Mme. Francoise was tiny and bent and seldom spoke. I don’t know how many years she sat on her little stool in the stone kitchen before she approached me. I had walked by her a hundred times, and seen nothing, maybe a shadow, or a fixture as meaningless to my child’s mind as a stick broom. Then she came. I was outside, hiding between bushes. Crying, with my bloomers torn off, I rubbed and scratched between my legs. Such itching and burning I’d never known.
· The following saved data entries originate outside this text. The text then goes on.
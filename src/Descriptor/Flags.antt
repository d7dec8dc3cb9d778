-- ===== src/Descriptor/Flags.antt =====
-- libposix/sys/fcntl.c: the flags of open and fcntl, between POSIX and Windows. The O_ flags have
-- OpenBSD's numbers, the constants of Windows those of its headers.
pub mod RoundTrip
use minc.Prelude.{ℕ, Bool, true, false, not, ◌&&◌, bit_and, bit_or, ◌==◌, if◌then◌else◌}
use minc.Descriptor.{VNode, FileFlags}

abbrev pub o_rdonly : ℕ
o_rdonly = 0x0000

abbrev pub o_wronly : ℕ
o_wronly = 0x0001

abbrev pub o_rdwr : ℕ
o_rdwr = 0x0002

abbrev pub o_nonblock : ℕ
o_nonblock = 0x0004

abbrev pub o_append : ℕ
o_append = 0x0008

abbrev pub o_creat : ℕ
o_creat = 0x0200

abbrev pub o_trunc : ℕ
o_trunc = 0x0400

abbrev pub o_excl : ℕ
o_excl = 0x0800

abbrev pub o_cloexec : ℕ
o_cloexec = 0x10000

abbrev pub fd_cloexec : ℕ
fd_cloexec = 1

abbrev pub generic_read : ℕ
generic_read = 0x80000000

abbrev pub generic_write : ℕ
generic_write = 0x40000000

abbrev pub file_read_data : ℕ
file_read_data = 0x0001

abbrev pub file_write_data : ℕ
file_write_data = 0x0002

abbrev pub file_append_data : ℕ
file_append_data = 0x0004

abbrev pub file_write_ea : ℕ
file_write_ea = 0x0010

abbrev pub file_flag_overlapped : ℕ
file_flag_overlapped = 0x40000000

abbrev pub file_attribute_normal : ℕ
file_attribute_normal = 0x0080

-- WIN_S_IREAD and WIN_S_IWRITE (include/win_types.h)
abbrev pub win_s_iread : ℕ
win_s_iread = file_read_data

abbrev pub win_s_iwrite : ℕ
win_s_iwrite = bit_or file_write_data (bit_or file_write_ea file_append_data)

-- CREATE_NEW, CREATE_ALWAYS, OPEN_EXISTING, OPEN_ALWAYS and TRUNCATE_EXISTING
abbrev pub create_new : ℕ
create_new = 1

abbrev pub create_always : ℕ
create_always = 2

abbrev pub open_existing : ℕ
open_existing = 3

abbrev pub open_always : ℕ
open_always = 4

abbrev pub truncate_existing : ℕ
truncate_existing = 5

-- flags & bit
abbrev pub has : ℕ → ℕ → Bool
has flags bit = not (bit_and flags bit == 0)

-- flags_win; FILE_SHARE_READ | FILE_SHARE_WRITE is 3.
unfoldable pub flags_win : ℕ → FileFlags
flags_win flags = record {
  access =
      if has flags o_rdwr
      then bit_or generic_read generic_write
      else if has flags o_append
      then bit_or generic_read file_append_data
      else if has flags o_wronly
      then generic_write
      else generic_read;
  share = 3;
  creation =
      if has flags o_creat
      then (if has flags o_excl
          then create_new
          else if has flags o_trunc
          then create_always
          else open_always)
      else if has flags o_trunc
      then truncate_existing
      else open_existing;
  attribs = file_attribute_normal;
  close_exec = has flags o_cloexec;
}

unfoldable pub access_mode : ℕ → ℕ
access_mode access =
    if has access file_write_data
    then (if has access file_read_data then o_rdwr else o_wronly)
    else if has access file_append_data
    then bit_or o_wronly o_append
    else o_rdonly

-- result |= flag, under a condition
unfoldable pub with_flag : Bool → ℕ → ℕ → ℕ
with_flag true flag result = bit_or result flag
with_flag false flag result = result

-- flflags_posix
unfoldable pub flflags_posix : VNode → ℕ
unfolding with_flag access_mode
flflags_posix n =
    with_flag (has n.attribs file_flag_overlapped) o_nonblock
      (with_flag n.close_exec o_cloexec (access_mode n.access))

-- flflags_win; the fields that it does not set are those of {0}.
unfoldable pub flflags_win : ℕ → FileFlags
unfolding with_flag
flflags_win flags = record {
  access = with_flag (has flags o_append) file_append_data (
      if has flags o_rdwr
      then bit_or win_s_iread win_s_iwrite
      else if has flags o_wronly
      then win_s_iwrite
      else win_s_iread);
  share = 0;
  creation = 0;
  attribs = with_flag (has flags o_nonblock) file_flag_overlapped file_attribute_normal;
  close_exec = has flags o_cloexec;
}

-- fdflags_posix
unfoldable pub fdflags_posix : VNode → ℕ
fdflags_posix n = if n.close_exec then fd_cloexec else 0

-- fcntl_F_SETFD
unfoldable pub set_fd_flags : VNode → ℕ → VNode
set_fd_flags n flags = record n { close_exec = has flags fd_cloexec }

-- vfs_F_SETFL, for what is not a pipe or a socket.
unfoldable pub set_status_flags : VNode → FileFlags → VNode
set_status_flags n f = record n {
  access = f.access;
  attribs = f.attribs;
  close_exec = f.close_exec;
}
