-- ===== src/Stat.antt =====
-- libposix/sys/stat.c: modes and attributes of files between POSIX and Windows, and stat_posix but
-- for its times, which are converted in floating point. The bits of a mode and the flags of a file
-- are those of OpenBSD's sys/stat.h.
pub mod Mode
pub mod Attributes
use minc.Prelude.{
  ℕ, ◌+◌, ◌*◌, ◌/◌, ◌%◌, Bool, true, false, List, [], ◌∷◌, get_or, ltb, ◌==◌, bit_and, bit_or,
  if◌then◌else◌,
}
pub use minc.Descriptor.Flags.{win_s_iread, win_s_iwrite}
use minc.Descriptor.Flags.{has}

-- WIN_MODE
pub record WinMode : Type 0 where
  pub file_type : ℕ
  pub user : ℕ
  pub group : ℕ
  pub other : ℕ
  pub special : ℕ

abbrev pub win_s_iexec : ℕ
win_s_iexec = 0x20

abbrev pub win_s_irwx : ℕ
win_s_irwx = 0x37

abbrev pub win_s_istxt : ℕ
win_s_istxt = 0x01

abbrev pub win_s_isgid : ℕ
win_s_isgid = 0x02

abbrev pub win_s_isuid : ℕ
win_s_isuid = 0x04

abbrev s_ifmt : ℕ
s_ifmt = 0xF000

-- WIN_VMAX
abbrev pub win_vmax : ℕ
win_vmax = 9

-- __FTYPE_POSIX
abbrev pub ftype_posix : List ℕ
ftype_posix = 0 ∷ 0x8000 ∷ 0x4000 ∷ 0x6000 ∷ 0x2000 ∷ 0xA000 ∷ 0xC000 ∷ 0x1000 ∷ 0 ∷ []

-- What one test of a bit adds.
abbrev pub added : Bool → ℕ → ℕ
added b n = if b then n else 0

unfoldable pub permissions : ℕ → ℕ
permissions m =
    added (has m win_s_iread) 4 + added (has m win_s_iwrite) 2 + added (has m win_s_iexec) 1

unfoldable pub specials : ℕ → ℕ
specials m =
    added (has m win_s_isuid) 0x800
    + added (has m win_s_isgid) 0x400
    + added (has m win_s_istxt) 0x200

unfoldable pub type_bits : ℕ → ℕ
type_bits t = if ltb t win_vmax then get_or ftype_posix t 0 else 0

-- The bits of the user are S_IRUSR = 0400, S_IWUSR = 0200 and S_IXUSR = 0100, and so on.
pub mode_posix : WinMode → ℕ
mode_posix m =
    type_bits m.file_type
    + permissions m.user * 64
    + permissions m.group * 8
    + permissions m.other
    + specials m.special

-- The cases of the switch over the type.
unfoldable pub type_win : ℕ → ℕ
type_win f =
    if f == 0x8000
    then 1
    else if f == 0x4000
    then 2
    else if f == 0x6000
    then 3
    else if f == 0x2000
    then 4
    else if f == 0xA000
    then 5
    else if f == 0xC000
    then 6
    else if f == 0x1000
    then 7
    else 0

unfoldable pub permissions_win : Bool → Bool → Bool → ℕ
permissions_win r w x = added r win_s_iread + added w win_s_iwrite + added x win_s_iexec

unfoldable pub specials_win : Bool → Bool → Bool → ℕ
specials_win u g t = added u win_s_isuid + added g win_s_isgid + added t win_s_istxt

unfoldable pub mode_win : ℕ → WinMode
mode_win mode = record {
  file_type = type_win (bit_and mode s_ifmt);
  user = permissions_win (has mode 0x100) (has mode 0x80) (has mode 0x40);
  group = permissions_win (has mode 0x20) (has mode 0x10) (has mode 0x08);
  other = permissions_win (has mode 0x04) (has mode 0x02) (has mode 0x01);
  special = specials_win (has mode 0x800) (has mode 0x400) (has mode 0x200);
}

-- SF_ARCHIVED, SF_HIDDEN, SF_IMMUTABLE, SF_SYSTEM and SF_DEVICE
unfoldable pub attr_win : ℕ → ℕ
attr_win flags =
    let a = if has flags 0x10000 then 0x20 else 0 in
    let h = if has flags 0x80000 then bit_or a 0x02 else a in
    let r = if has flags 0x20000 then bit_or h 0x01 else h in
    let s = if has flags 0x100000 then bit_or r 0x04 else r in
    if has flags 0x200000 then bit_or s 0x40 else s

unfoldable pub attr_posix : ℕ → ℕ
attr_posix attribs =
    let a = if has attribs 0x20 then 0x10000 else 0 in
    let h = if has attribs 0x02 then bit_or a 0x80000 else a in
    let r = if has attribs 0x01 then bit_or h 0x20000 else h in
    let s = if has attribs 0x04 then bit_or r 0x100000 else r in
    if has attribs 0x40 then bit_or s 0x200000 else s
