-- ===== src/Acl.antt =====
-- libposix/vfs/vfs_acl.c: the mode of a file as the access control list of Windows. Each entry of
-- the list stands for the user, the group or the others by the rights that it grants. GetAce and
-- AddAce read and insert an entry of the list; the sizes of the memory are not modelled.
pub mod Classes
pub mod Masks
pub mod Chmod
use minc.Prelude.{
  ℕ, ◌+◌, ◌%◌, Bool, true, false, not, ◌&&◌, Option, none, some, List, [], ◌∷◌, ◌++◌, ◌==◌, bit_and,
  bit_or, if◌then◌else◌,
}
use minc.Descriptor.Flags.{has}
use minc.Stat.{WinMode, win_s_irwx, win_s_isuid, win_s_isgid}

-- SID8: the last byte of the authority, and as many subauthorities as the count says.
pub record Sid : Type 0 where
  pub authority : ℕ
  pub sub_authority : List ℕ

-- ACE_PEEK
pub record Ace : Type 0 where
  pub ace_type : ℕ
  pub ace_flags : ℕ
  pub mask : ℕ
  pub sid : Sid

-- A security descriptor: no list is one that is not present or null.
pub record Security : Type 0 where
  pub owner : Option Sid
  pub owner_group : Option Sid
  pub dacl : Option (List Ace)

abbrev pub acl_user : ℕ
acl_user = 0x02

abbrev pub acl_group : ℕ
acl_group = 0x08

abbrev pub acl_other : ℕ
acl_other = 0x20

abbrev pub acl_type_access : ℕ
acl_type_access = 0x8000

abbrev pub acl_type_default : ℕ
acl_type_default = 0x4000

abbrev pub write_dac : ℕ
write_dac = 0x40000

abbrev pub delete_right : ℕ
delete_right = 0x10000

abbrev pub read_control : ℕ
read_control = 0x20000

-- INHERIT_ONLY_ACE
abbrev pub inherit_only : ℕ
inherit_only = 0x08

-- INHERITED_ACE
abbrev inherited : ℕ
inherited = 0x10

-- The class that the rights of an entry give, among those that have been met.
unfoldable pub class_of : ℕ → ℕ → ℕ
class_of mask type_mask =
    if has mask write_dac
    then (if has type_mask acl_user then acl_group else acl_user)
    else if has mask delete_right
    then (if has type_mask acl_group then acl_other else acl_group)
    else if has mask read_control
    then (if has type_mask acl_other then acl_group else acl_other)
    else 0

-- The class, and the classes met with it.
unfoldable pub class_met : ℕ → ℕ → ℕ × ℕ
class_met class type_mask =
    if has type_mask class then (acl_type_access, type_mask) else (class, bit_or type_mask class)

-- The result, and the new *TypeMask.
unfoldable pub acl_owner_type : Ace → ℕ → ℕ × ℕ
acl_owner_type entry type_mask =
    if not (entry.ace_type == 0)
    then (0, type_mask)
    else if has entry.ace_flags inherit_only
    then (acl_type_default, type_mask)
    else class_met (class_of entry.mask type_mask) type_mask

-- Mask & ~WIN_S_IRWX
unfoldable pub without_irwx : ℕ → ℕ
without_irwx mask = bit_and mask 0xFFFFFFC8

unfoldable pub with_mask : Ace → ℕ → Ace
with_mask entry m = record entry { mask = (without_irwx entry.mask + m) % 4294967296 }

-- The body of the loop of vfs_acl_chmod.
pub chmod_entry : WinMode → ℕ → Ace → Ace
chmod_entry mode type entry =
    if type == acl_user
    then with_mask entry mode.user
    else if type == acl_group
    then with_mask entry mode.group
    else if type == acl_other
    then with_mask entry mode.other
    else entry

-- The loop runs from the last entry to the first, and changes the list in place.
pub chmod_entries : WinMode → List Ace → ℕ → List Ace × ℕ
chmod_entries mode [] type_mask = ([], type_mask)
chmod_entries mode (e ∷ es) type_mask =
    let (rest, met) = chmod_entries mode es type_mask in
    let (type, met') = acl_owner_type e met in (chmod_entry mode type e ∷ rest, met')

-- What a stat takes from the security descriptor.
pub record Attributes : Type 0 where
  pub mode : WinMode
  pub user_sid : Sid
  pub group_sid : Sid

-- The body of the loop of vfs_acl_stat.
pub stat_entry : ℕ → Ace → Attributes → Attributes
stat_entry type entry v =
    if type == acl_user
    then record v { mode = record (v.mode) { user = entry.mask }; user_sid = entry.sid }
    else if type == acl_group
    then record v { mode = record (v.mode) { group = entry.mask }; group_sid = entry.sid }
    else if type == acl_other
    then record v { mode = record (v.mode) { other = entry.mask } }
    else v

pub stat_entries : List Ace → ℕ → Attributes → Attributes × ℕ
stat_entries [] type_mask v = (v, type_mask)
stat_entries (e ∷ es) type_mask v =
    let (rest, met) = stat_entries es type_mask v in
    let (type, met') = acl_owner_type e met in (stat_entry type e rest, met')

-- What the calls of Windows answer, on security identifiers and descriptors.
pub record Calls : Type 0 where
  pub equal_sid : Sid → Sid → Bool
  pub equal_prefix_sid : Sid → Sid → Bool
  pub gets_owner : Security → Bool
  pub gets_group : Security → Bool
  pub gets_dacl : Security → Bool
  pub initializes : Bool
  pub sets_owner : Option Sid → Bool
  pub sets_group : Option Sid → Bool
  pub sets_dacl : Option (List Ace) → Bool

-- The identifiers that are globals of libposix.
pub record Known : Type 0 where
  pub sid_admins : Sid
  pub sid_system : Sid
  pub sid_authenticated : Sid
  pub sid_machine : Sid
  pub sid_none : Sid

-- The list that a descriptor has, as far as Windows gives it.
unfoldable pub dacl_of : Calls → Security → Option (List Ace)
dacl_of calls source = if calls.gets_dacl source then source.dacl else none

unfoldable pub put_dacl : Calls → Option (List Ace) → Security → Security × Bool
put_dacl calls acl result =
    if calls.sets_dacl acl then (record result { dacl = acl }, true) else (result, false)

unfoldable pub chmod_list : WinMode → Option (List Ace) → Option (List Ace)
chmod_list mode none = none
chmod_list mode (some es) = some (chmod_entries mode es 0).0

pub vfs_acl_chmod : Calls → Security → WinMode → Security → Security × Bool
vfs_acl_chmod calls source mode result =
    put_dacl calls (chmod_list mode (dacl_of calls source)) result

abbrev pub all_rights : WinMode → WinMode
all_rights m = record m { user = win_s_irwx; group = win_s_irwx; other = win_s_irwx }

-- A file system without access control (VFAT) allows everything.
unfoldable pub stat_list : Option (List Ace) → Attributes → Attributes
stat_list none v = record v { mode = all_rights v.mode }
stat_list (some es) v = (stat_entries es 0 v).0

pub stat_dacl : Calls → Security → Attributes → Attributes
stat_dacl calls source v = if calls.gets_dacl source then stat_list source.dacl v else v

unfoldable pub special_if : Bool → ℕ → Attributes → Attributes
special_if b bit v =
    if b then record v { mode = record (v.mode) { special = bit_or v.mode.special bit } } else v

pub stat_owned : Calls → Known → Security → Attributes → Option Sid → Option Sid → Option Attributes
stat_owned calls known source v (some owner) (some group) =
    let listed = stat_dacl calls source (record v { user_sid = owner; group_sid = group }) in
    let set_uid = special_if (calls.equal_sid owner known.sid_admins) win_s_isuid listed in
    some (special_if (calls.equal_sid group known.sid_system) win_s_isgid set_uid)
stat_owned calls known source v owner group = none

-- No result: the code reads a pointer that was never set.
pub vfs_acl_stat : Calls → Known → Security → Attributes → Option Attributes
vfs_acl_stat calls known source v =
    if calls.gets_owner source && calls.gets_group source
    then stat_owned calls known source v source.owner source.owner_group
    else none

-- WIN_ACL_CONTROL, but for its list and its source.
pub record Control : Type 0 where
  pub control_owner : Sid
  pub control_group : Sid

-- The owner or the group that a new descriptor gets; remote is a mount of Samba.
unfoldable pub chosen_sid : Bool → Bool → Sid → Sid → Option Sid → Option Sid
chosen_sid special remote named own found =
    if special then some named else if not remote then some own else found

pub vfs_acl_init : Calls → Known → Control → Security → Bool → ℕ → Security → Security × Bool
vfs_acl_init calls known control source remote mode result =
    let owner =
      chosen_sid (has mode win_s_isuid) remote known.sid_admins control.control_owner
        (if calls.gets_owner source then source.owner else none) in
    let group =
      chosen_sid (has mode win_s_isgid) remote known.sid_system control.control_group
        (if calls.gets_group source then source.owner_group else none) in
    if not calls.initializes
    then (result, false)
    else if not (calls.sets_owner owner)
    then (record result { owner = none; owner_group = none; dacl = none }, false)
    else if not (calls.sets_group group)
    then (record result { owner = owner; owner_group = none; dacl = none }, false)
    else (record result { owner = owner; owner_group = group; dacl = none }, true)

-- AclDupEntry
unfoldable pub acl_dup_entry : Ace → Sid → Ace
acl_dup_entry entry sid = record entry { sid = sid }

-- AceFlags & ~ALL_INHERIT_ACE, and Flags added.
abbrev inheriting : ℕ → Ace → Ace
inheriting flags entry = record entry { ace_flags = (bit_and entry.ace_flags 0xFC + flags) % 256 }

-- The body of the loop of vfs_acl_create: none where it continues with the next entry.
pub create_entry : Calls → Known → Control → WinMode → ℕ → ℕ → Ace → Option Ace
create_entry calls known control mode flags type entry =
    if type == acl_user
    then some (
        inheriting flags (
          with_mask
            (if calls.equal_prefix_sid entry.sid known.sid_machine
              then acl_dup_entry entry control.control_owner
              else entry)
            mode.user))
    else if type == acl_group
    then some (inheriting flags (with_mask entry mode.group))
    else if type == acl_other
    then some (inheriting flags (with_mask entry mode.other))
    else if type == acl_type_access
    then some (inheriting flags entry)
    else none

unfoldable pub put_first : Option Ace → List Ace → List Ace
put_first none es = es
put_first (some e) es = e ∷ es

-- Each entry kept goes in front of those kept before.
pub create_entries : Calls → Known → Control → WinMode → ℕ → List Ace → List Ace × ℕ
create_entries calls known control mode flags [] = ([], 0)
create_entries calls known control mode flags (e ∷ es) =
    let (rest, met) = create_entries calls known control mode flags es in
    let (type, met') = acl_owner_type e met in
    (put_first (create_entry calls known control mode flags type e) rest, met')

-- AclAddEntry, of an entry at the end.
unfoldable pub acl_add_entry : List Ace → ℕ → ℕ → Sid → List Ace
acl_add_entry acl flags access sid =
    acl
    ++ record { ace_type = 0; ace_flags = bit_or inherited flags; mask = access; sid = sid } ∷ []

-- READ_CONTROL | SYNCHRONIZE | FILE_READ_ATTRIBUTES | FILE_READ_EA
abbrev read_attributes : ℕ
read_attributes = 0x120088

-- The entry for the others where the list has none.
pub with_others : Known → WinMode → ℕ → List Ace × ℕ → List Ace
with_others known mode flags (acl, met) =
    if has met acl_other
    then acl
    else acl_add_entry acl flags (bit_or read_attributes mode.other) known.sid_authenticated

pub vfs_acl_create : Calls → Known → Control → Security → WinMode → ℕ → Security → Security × Bool
vfs_acl_create calls known control source mode flags result =
    let old = elim (dacl_of calls source) as (λ _. List Ace) [ none ↦ [] | some es ↦ es ] in
    put_dacl calls
      (some (with_others known mode flags (create_entries calls known control mode flags old)))
      result

unfoldable pub new_sid : Calls → Known → Sid → Ace → Ace
new_sid calls known sid entry =
    if calls.equal_sid sid known.sid_none then entry else record entry { sid = sid }

-- The body of the loop of vfs_acl_chown.
pub chown_entry : Calls → Known → Sid → Sid → ℕ → Ace → Ace
unfolding new_sid
chown_entry calls known user group type entry =
    if type == acl_user
    then new_sid calls known user entry
    else if type == acl_group
    then new_sid calls known group entry
    else entry

pub chown_entries : Calls → Known → Sid → Sid → List Ace → ℕ → List Ace × ℕ
chown_entries calls known user group [] type_mask = ([], type_mask)
chown_entries calls known user group (e ∷ es) type_mask =
    let (rest, met) = chown_entries calls known user group es type_mask in
    let (type, met') = acl_owner_type e met in
    (chown_entry calls known user group type e ∷ rest, met')

pub vfs_acl_chown : Calls → Known → Security → Sid → Sid → Security → Security × Bool
vfs_acl_chown calls known source user group result =
    let old = elim (dacl_of calls source) as (λ _. List Ace) [ none ↦ [] | some es ↦ es ] in
    put_dacl calls (some ((chown_entries calls known user group old 0).0)) result

-- disk_fchmod of libposix/vfs/disk/disk_stat.c. The descriptor of the file as win_acl_get_fd reads
-- it, none if it cannot, is replaced where SetUserObjectSecurity agrees.
pub disk_fchmod :
    Calls
    → Known
    → (Security → Bool)
    → Control
    → Bool
    → WinMode
    → Option Security
    → Option Security × Bool
disk_fchmod calls known sets control remote mode none = (none, false)
disk_fchmod calls known sets control remote mode (some source) =
    let blank : Security = record { owner = none; owner_group = none; dacl = none } in
    let (sd, ready) = vfs_acl_init calls known control source remote mode.special blank in
    let (sd', changed) = vfs_acl_chmod calls source mode sd in
    if ready && changed && sets sd' then (some sd', true) else (some source, false)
She took me inside, sat me in a bucket of warm water, cloudy with herbs. I recognized some of the things she boiled before adding them: lavender, chamomile, walnut, anise, and Damask rose. There in the kitchen, no clothing beneath, and the skirt of my dress blossoming over the pail sides, as though I simply sat on a little stool, I soaked. I don’t remember how often she needed to save me in this way, but I remember the instant relief of sinking into her remedy, antibiotic and restorative and being content to sit there long after the water was cold. At the time, I didn’t know enough to associate the infections with The Beast, though she must have.
I’m convinced that she was allowed to stay at the villa in part because she went nearly unnoticed. She was half phantom, hunched alone in her corner, an old wool scarf tied around her head, a gnome or ancient fairy. Under certain slants of light, I could catch a tincture of the fiery red hair she once had.